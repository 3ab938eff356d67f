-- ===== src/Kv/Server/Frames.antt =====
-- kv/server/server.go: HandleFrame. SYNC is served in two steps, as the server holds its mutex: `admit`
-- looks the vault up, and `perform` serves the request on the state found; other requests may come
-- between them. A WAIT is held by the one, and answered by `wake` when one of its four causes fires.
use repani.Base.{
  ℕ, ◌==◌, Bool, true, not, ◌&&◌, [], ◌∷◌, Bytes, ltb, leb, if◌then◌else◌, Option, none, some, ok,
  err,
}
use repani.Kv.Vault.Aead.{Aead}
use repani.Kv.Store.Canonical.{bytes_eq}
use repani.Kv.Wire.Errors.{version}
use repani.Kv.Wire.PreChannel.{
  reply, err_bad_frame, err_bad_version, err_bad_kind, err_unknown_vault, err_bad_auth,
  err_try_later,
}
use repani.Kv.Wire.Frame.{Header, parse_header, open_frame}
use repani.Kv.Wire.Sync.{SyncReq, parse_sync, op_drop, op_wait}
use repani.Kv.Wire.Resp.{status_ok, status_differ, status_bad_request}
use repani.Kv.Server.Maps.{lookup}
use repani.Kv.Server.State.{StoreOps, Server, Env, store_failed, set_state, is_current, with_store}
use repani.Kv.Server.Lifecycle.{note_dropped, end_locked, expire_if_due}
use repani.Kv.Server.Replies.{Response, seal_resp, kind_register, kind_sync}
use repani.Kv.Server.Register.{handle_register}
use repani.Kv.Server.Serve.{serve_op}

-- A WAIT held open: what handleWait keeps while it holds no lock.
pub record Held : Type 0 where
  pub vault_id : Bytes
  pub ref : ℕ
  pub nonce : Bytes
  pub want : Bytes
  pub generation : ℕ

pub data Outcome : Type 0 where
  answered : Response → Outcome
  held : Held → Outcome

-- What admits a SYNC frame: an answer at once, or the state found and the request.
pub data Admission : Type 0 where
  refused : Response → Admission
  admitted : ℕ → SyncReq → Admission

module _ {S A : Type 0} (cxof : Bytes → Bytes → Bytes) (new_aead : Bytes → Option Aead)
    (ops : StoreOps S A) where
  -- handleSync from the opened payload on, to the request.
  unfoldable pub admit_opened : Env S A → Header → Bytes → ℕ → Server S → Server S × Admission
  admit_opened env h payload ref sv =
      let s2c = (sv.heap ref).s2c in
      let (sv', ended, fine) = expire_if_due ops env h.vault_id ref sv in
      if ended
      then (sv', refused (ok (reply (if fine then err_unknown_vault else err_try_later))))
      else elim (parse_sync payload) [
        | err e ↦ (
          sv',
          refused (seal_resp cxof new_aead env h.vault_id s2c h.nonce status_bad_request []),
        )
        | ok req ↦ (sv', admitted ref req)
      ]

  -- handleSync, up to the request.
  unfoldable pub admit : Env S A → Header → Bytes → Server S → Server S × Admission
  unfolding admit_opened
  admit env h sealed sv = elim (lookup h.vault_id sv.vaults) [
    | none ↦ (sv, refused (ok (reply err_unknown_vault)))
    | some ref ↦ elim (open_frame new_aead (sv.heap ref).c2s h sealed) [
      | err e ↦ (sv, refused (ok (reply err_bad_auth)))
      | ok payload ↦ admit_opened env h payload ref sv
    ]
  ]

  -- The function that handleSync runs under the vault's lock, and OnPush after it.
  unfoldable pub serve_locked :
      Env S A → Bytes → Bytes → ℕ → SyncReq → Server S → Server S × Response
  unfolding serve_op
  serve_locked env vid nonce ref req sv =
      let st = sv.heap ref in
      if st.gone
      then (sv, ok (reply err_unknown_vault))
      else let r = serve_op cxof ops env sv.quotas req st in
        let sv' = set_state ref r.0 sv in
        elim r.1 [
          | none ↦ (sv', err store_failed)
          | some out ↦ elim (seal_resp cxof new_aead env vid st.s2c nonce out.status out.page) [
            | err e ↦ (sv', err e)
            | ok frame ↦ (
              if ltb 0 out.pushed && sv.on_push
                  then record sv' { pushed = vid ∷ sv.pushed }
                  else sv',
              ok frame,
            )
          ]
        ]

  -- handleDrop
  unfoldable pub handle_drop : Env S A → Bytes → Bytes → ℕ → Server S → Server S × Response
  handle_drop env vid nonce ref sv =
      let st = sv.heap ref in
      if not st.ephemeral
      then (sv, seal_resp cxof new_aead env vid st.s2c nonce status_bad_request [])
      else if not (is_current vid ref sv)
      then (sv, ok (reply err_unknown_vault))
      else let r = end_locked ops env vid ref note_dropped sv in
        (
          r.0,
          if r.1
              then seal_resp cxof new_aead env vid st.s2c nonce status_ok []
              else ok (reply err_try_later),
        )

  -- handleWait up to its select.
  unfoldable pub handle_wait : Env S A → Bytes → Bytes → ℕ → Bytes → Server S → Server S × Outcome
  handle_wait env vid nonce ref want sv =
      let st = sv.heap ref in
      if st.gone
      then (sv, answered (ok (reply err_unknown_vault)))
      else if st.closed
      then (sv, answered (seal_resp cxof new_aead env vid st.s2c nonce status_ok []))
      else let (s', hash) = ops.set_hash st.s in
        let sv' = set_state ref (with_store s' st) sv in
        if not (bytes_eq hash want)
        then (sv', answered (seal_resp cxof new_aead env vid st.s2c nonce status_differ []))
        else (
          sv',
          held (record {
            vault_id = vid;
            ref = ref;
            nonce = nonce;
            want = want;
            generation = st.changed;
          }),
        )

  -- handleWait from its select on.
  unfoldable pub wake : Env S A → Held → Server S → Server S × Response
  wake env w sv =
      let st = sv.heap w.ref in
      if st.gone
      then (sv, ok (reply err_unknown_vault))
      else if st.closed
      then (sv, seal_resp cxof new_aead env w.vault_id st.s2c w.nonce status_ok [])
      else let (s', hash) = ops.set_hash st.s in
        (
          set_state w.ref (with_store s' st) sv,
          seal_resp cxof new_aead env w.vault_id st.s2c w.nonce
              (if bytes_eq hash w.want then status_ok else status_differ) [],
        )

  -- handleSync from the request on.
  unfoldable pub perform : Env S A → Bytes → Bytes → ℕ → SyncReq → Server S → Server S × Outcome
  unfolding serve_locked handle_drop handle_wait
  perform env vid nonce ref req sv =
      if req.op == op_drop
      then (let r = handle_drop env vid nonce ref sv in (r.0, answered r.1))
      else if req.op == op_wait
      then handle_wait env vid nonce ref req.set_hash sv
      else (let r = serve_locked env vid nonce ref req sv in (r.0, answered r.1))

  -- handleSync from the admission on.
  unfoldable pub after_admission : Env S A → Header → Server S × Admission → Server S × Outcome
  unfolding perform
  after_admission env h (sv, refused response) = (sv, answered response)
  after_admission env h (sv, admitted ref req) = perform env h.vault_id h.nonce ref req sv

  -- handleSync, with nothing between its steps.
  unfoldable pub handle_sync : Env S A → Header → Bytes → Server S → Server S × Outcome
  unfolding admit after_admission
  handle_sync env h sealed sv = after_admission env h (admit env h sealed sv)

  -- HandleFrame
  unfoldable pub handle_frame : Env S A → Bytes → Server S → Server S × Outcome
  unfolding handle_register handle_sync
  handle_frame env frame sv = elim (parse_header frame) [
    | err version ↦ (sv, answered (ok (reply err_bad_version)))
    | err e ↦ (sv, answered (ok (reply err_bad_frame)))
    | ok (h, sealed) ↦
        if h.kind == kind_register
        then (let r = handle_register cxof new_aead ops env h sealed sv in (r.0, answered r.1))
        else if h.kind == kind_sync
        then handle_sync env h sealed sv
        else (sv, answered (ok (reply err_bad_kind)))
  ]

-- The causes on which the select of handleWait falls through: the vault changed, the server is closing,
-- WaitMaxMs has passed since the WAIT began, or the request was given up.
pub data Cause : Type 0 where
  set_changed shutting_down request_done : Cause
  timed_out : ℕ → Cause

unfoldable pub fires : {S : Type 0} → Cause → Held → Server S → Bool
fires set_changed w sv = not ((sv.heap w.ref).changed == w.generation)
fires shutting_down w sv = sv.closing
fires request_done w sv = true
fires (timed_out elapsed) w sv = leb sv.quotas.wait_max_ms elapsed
==
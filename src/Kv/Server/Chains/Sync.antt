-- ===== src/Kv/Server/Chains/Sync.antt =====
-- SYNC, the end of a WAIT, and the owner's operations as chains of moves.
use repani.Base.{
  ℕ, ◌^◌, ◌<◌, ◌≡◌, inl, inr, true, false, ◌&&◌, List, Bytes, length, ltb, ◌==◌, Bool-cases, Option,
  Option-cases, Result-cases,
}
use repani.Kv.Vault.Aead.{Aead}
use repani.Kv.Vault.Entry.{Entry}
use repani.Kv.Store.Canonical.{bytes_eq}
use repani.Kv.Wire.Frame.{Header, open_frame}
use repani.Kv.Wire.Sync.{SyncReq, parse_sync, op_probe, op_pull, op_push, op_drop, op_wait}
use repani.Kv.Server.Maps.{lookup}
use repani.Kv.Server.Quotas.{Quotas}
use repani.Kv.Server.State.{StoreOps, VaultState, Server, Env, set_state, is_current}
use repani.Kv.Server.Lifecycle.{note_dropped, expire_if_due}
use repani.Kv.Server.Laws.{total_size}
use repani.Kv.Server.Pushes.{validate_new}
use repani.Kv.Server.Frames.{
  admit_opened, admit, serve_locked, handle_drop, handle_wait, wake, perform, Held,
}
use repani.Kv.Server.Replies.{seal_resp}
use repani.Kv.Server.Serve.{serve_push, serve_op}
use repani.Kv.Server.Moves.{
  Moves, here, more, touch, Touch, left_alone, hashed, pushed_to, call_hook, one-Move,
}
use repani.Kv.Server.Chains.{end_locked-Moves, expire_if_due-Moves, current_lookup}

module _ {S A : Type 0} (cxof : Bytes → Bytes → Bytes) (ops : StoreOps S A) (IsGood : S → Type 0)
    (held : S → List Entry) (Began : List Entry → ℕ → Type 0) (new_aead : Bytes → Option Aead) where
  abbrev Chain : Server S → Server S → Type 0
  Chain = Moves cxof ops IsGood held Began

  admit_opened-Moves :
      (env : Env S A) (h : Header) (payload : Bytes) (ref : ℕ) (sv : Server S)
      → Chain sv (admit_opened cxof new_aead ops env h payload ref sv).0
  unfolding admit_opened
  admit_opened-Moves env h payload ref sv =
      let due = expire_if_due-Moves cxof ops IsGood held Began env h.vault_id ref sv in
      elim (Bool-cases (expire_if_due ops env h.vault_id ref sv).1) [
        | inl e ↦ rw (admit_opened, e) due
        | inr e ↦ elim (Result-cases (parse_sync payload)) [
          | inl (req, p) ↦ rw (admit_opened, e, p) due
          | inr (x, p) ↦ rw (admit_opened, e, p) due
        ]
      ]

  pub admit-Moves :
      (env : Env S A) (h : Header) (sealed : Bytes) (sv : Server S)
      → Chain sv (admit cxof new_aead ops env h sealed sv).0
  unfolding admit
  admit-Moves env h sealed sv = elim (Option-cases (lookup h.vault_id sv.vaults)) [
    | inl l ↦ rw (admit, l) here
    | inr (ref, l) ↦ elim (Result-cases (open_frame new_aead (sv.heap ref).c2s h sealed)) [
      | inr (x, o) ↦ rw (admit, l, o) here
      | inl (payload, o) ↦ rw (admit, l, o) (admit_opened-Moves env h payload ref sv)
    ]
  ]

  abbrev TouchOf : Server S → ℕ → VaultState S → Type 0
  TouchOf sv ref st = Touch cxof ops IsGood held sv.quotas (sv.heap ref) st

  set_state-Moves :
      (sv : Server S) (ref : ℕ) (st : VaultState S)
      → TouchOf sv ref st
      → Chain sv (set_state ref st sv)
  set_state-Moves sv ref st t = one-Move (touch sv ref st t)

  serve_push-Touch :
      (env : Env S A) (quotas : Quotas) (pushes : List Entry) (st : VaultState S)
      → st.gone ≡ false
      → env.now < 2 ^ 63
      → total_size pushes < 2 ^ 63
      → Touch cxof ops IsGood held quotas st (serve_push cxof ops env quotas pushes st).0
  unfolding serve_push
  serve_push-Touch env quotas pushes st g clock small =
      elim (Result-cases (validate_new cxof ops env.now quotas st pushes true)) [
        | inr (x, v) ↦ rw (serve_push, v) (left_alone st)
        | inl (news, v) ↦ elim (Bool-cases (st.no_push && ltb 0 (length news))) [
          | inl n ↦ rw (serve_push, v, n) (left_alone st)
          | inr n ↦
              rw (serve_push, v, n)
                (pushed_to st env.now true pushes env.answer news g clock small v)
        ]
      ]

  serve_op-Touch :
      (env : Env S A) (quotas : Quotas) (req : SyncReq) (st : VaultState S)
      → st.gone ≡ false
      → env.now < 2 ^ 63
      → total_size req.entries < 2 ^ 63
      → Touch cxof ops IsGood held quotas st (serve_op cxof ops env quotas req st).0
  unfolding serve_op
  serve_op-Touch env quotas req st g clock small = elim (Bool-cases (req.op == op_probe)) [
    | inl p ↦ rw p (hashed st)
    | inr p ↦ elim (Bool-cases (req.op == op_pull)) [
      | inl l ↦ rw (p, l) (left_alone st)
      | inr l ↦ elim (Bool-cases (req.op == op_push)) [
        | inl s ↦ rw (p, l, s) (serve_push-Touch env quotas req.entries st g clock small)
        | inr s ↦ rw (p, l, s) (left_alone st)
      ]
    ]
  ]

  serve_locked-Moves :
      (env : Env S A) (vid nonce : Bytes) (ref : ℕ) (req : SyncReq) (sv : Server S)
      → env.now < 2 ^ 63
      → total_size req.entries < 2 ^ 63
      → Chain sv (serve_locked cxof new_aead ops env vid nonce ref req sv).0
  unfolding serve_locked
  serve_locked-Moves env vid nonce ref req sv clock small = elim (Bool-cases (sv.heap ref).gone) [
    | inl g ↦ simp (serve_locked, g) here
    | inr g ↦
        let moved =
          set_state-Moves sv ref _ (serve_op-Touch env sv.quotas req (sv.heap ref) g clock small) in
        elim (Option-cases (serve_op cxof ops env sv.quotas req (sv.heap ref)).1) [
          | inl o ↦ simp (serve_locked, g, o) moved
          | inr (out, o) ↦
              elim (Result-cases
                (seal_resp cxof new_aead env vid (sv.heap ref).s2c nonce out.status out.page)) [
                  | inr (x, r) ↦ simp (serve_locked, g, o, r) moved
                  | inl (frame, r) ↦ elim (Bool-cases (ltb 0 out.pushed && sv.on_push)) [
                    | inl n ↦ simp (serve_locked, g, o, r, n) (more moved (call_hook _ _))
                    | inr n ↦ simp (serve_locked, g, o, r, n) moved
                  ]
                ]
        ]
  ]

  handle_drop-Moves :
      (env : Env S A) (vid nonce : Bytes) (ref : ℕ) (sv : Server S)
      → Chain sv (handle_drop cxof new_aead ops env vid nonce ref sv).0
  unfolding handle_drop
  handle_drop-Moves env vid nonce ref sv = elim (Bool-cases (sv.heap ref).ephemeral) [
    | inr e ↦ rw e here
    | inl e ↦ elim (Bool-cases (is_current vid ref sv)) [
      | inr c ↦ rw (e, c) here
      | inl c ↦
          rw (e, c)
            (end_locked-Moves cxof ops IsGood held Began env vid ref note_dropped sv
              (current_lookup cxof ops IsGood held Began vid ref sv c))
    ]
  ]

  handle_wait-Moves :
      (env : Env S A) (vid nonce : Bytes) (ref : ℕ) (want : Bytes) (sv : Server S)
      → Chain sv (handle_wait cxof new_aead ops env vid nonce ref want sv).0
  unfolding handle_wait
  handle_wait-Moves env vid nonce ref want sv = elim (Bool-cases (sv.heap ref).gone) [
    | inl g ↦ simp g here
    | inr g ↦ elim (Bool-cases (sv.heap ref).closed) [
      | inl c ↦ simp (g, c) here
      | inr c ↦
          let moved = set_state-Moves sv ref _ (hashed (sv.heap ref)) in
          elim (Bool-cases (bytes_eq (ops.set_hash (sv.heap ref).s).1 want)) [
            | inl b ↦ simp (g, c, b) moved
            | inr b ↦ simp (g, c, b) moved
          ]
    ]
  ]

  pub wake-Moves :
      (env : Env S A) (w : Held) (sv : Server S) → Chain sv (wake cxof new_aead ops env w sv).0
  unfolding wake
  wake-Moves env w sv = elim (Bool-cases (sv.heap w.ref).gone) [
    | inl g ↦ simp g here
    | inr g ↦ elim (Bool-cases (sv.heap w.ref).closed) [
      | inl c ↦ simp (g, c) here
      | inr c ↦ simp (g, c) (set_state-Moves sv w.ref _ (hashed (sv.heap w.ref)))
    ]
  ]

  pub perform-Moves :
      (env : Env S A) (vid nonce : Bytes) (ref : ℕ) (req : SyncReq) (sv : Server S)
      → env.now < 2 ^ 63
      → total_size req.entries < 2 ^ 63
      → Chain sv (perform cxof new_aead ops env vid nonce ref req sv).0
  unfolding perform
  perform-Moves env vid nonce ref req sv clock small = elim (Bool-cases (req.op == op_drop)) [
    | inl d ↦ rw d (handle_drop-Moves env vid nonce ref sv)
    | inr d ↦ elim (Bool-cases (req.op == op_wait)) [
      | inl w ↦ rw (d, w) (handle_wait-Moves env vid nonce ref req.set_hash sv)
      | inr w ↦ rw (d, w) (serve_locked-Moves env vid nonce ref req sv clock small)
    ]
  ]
--
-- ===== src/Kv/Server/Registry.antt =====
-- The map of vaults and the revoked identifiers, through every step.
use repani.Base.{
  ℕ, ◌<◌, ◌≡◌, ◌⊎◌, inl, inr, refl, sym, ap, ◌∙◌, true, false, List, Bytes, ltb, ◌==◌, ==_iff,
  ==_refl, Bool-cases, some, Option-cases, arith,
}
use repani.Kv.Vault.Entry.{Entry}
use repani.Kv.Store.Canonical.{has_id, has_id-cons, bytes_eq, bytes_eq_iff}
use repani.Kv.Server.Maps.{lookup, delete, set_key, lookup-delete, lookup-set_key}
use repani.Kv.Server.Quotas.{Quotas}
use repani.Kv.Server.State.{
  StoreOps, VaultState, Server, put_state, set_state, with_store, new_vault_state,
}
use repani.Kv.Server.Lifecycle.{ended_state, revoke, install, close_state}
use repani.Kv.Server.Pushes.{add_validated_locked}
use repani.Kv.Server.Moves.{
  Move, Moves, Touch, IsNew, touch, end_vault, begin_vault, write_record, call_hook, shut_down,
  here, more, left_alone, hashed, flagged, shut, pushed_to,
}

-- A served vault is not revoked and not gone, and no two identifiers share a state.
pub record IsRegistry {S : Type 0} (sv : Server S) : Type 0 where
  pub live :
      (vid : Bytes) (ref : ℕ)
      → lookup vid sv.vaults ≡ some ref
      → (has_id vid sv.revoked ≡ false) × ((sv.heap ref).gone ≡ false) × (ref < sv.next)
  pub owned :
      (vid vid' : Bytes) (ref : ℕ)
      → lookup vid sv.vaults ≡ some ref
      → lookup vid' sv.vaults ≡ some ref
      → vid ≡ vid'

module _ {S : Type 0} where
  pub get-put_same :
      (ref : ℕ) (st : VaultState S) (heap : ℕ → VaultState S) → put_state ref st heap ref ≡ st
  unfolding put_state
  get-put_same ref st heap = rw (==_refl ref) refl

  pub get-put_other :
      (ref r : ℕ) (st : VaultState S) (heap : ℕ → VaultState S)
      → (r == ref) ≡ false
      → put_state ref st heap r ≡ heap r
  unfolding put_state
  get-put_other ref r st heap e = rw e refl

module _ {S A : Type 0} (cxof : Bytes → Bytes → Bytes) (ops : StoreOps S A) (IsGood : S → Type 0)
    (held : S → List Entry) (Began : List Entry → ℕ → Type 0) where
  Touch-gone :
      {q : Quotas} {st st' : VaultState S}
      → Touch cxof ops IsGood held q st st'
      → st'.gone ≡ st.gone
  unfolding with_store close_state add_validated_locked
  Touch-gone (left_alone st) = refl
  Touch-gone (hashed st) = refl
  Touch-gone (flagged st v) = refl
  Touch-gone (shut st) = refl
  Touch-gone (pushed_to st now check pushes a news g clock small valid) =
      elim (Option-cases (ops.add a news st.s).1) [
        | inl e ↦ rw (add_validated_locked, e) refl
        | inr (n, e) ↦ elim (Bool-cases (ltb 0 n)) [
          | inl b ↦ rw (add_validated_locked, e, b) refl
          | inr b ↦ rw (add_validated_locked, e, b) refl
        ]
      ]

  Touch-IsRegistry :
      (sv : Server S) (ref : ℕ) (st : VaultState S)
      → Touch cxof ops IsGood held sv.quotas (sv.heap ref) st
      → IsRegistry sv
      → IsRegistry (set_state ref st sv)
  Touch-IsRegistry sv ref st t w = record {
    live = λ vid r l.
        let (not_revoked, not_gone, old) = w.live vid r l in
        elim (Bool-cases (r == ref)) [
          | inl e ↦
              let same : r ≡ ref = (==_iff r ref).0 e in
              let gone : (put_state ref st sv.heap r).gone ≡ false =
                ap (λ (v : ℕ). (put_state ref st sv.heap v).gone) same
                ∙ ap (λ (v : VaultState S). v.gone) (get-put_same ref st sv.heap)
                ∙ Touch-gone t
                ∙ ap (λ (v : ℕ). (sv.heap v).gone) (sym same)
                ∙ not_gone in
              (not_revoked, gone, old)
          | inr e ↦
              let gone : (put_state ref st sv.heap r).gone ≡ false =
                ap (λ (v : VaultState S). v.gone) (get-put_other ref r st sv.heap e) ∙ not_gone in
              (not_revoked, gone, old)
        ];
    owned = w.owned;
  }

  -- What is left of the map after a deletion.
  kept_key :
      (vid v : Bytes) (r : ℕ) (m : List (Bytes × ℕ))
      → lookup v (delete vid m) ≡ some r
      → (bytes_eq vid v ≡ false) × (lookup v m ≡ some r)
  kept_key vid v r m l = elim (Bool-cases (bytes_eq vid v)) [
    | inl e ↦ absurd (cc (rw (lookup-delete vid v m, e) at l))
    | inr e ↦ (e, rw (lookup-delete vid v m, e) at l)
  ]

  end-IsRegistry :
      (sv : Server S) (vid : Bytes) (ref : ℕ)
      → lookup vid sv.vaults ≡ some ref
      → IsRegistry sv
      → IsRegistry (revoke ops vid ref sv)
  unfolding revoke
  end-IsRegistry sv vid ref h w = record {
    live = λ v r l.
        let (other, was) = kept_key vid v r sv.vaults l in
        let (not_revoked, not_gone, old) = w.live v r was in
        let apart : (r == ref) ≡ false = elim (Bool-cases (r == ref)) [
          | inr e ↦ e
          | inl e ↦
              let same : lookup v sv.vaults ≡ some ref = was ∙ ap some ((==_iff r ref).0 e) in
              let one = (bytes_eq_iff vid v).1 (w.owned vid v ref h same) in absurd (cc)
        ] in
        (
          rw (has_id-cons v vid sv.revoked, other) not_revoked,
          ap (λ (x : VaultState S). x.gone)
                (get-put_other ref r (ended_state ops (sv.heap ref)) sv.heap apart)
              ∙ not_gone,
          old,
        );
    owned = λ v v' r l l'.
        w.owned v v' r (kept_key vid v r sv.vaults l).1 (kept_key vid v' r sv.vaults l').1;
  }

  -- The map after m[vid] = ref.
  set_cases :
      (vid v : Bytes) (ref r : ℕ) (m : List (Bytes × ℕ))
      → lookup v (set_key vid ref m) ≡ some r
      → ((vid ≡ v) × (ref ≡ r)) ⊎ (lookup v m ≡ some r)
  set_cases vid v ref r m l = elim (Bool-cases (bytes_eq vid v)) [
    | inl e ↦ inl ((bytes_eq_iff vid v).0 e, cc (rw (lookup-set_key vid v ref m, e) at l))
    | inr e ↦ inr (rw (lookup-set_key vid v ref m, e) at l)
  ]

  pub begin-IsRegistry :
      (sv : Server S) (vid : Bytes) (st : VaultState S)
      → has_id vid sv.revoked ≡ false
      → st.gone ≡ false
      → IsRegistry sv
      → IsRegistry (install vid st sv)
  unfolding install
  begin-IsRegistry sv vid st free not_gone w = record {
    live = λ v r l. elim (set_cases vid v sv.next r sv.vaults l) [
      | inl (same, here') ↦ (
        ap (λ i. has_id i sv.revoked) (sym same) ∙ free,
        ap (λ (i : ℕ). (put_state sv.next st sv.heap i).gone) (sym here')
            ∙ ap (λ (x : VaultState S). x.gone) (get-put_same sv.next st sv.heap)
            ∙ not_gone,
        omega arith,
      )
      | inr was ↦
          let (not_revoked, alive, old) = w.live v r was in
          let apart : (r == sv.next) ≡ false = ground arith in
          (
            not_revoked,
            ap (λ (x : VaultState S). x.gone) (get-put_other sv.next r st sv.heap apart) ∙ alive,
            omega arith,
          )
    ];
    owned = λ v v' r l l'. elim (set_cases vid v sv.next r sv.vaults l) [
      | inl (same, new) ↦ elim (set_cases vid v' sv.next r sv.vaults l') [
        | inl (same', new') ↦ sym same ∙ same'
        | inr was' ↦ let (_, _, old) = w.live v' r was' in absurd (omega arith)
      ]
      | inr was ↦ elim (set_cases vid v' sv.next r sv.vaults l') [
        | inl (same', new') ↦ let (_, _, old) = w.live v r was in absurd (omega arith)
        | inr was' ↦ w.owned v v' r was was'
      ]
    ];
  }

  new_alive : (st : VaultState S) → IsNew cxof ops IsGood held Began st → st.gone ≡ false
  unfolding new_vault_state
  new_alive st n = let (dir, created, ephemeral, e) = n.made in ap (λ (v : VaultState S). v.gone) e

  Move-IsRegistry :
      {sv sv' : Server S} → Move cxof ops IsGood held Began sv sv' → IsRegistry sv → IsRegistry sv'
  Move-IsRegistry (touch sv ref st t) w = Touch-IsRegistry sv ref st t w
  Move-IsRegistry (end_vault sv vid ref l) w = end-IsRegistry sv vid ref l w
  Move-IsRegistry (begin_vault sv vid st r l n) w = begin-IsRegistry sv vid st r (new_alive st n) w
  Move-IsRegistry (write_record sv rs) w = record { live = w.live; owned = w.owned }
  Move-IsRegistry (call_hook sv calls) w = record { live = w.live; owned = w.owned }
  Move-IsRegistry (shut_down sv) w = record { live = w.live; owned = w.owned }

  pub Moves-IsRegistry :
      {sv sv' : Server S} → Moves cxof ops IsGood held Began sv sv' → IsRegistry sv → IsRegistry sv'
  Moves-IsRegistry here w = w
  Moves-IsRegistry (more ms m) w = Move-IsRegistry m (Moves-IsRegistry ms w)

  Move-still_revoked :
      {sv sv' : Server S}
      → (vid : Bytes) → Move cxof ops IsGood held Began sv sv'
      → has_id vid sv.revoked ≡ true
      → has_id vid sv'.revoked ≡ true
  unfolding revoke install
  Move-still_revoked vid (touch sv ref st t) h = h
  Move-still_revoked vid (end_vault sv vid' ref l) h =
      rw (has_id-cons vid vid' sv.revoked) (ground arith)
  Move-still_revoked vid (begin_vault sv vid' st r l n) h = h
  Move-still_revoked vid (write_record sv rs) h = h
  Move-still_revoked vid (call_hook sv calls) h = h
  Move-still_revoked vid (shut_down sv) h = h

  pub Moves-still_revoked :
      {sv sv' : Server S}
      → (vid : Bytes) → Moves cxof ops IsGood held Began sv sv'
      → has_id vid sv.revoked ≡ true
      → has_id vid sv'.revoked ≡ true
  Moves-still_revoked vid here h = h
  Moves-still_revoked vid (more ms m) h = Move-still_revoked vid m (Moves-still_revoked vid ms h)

● **REQUIRED WORK**
All lines of the entries containing the string "absurd" must be shown in full.

● **RESULT OF THIS EXERCISE**
    | inl e ↦ absurd (cc (rw (lookup-delete vid v m, e) at l))
              let one = (bytes_eq_iff vid v).1 (w.owned vid v ref h same) in absurd (cc)
        | inr was' ↦ let (_, _, old) = w.live v' r was' in absurd (omega arith)
        | inl (same', new') ↦ let (_, _, old) = w.live v r was in absurd (omega arith)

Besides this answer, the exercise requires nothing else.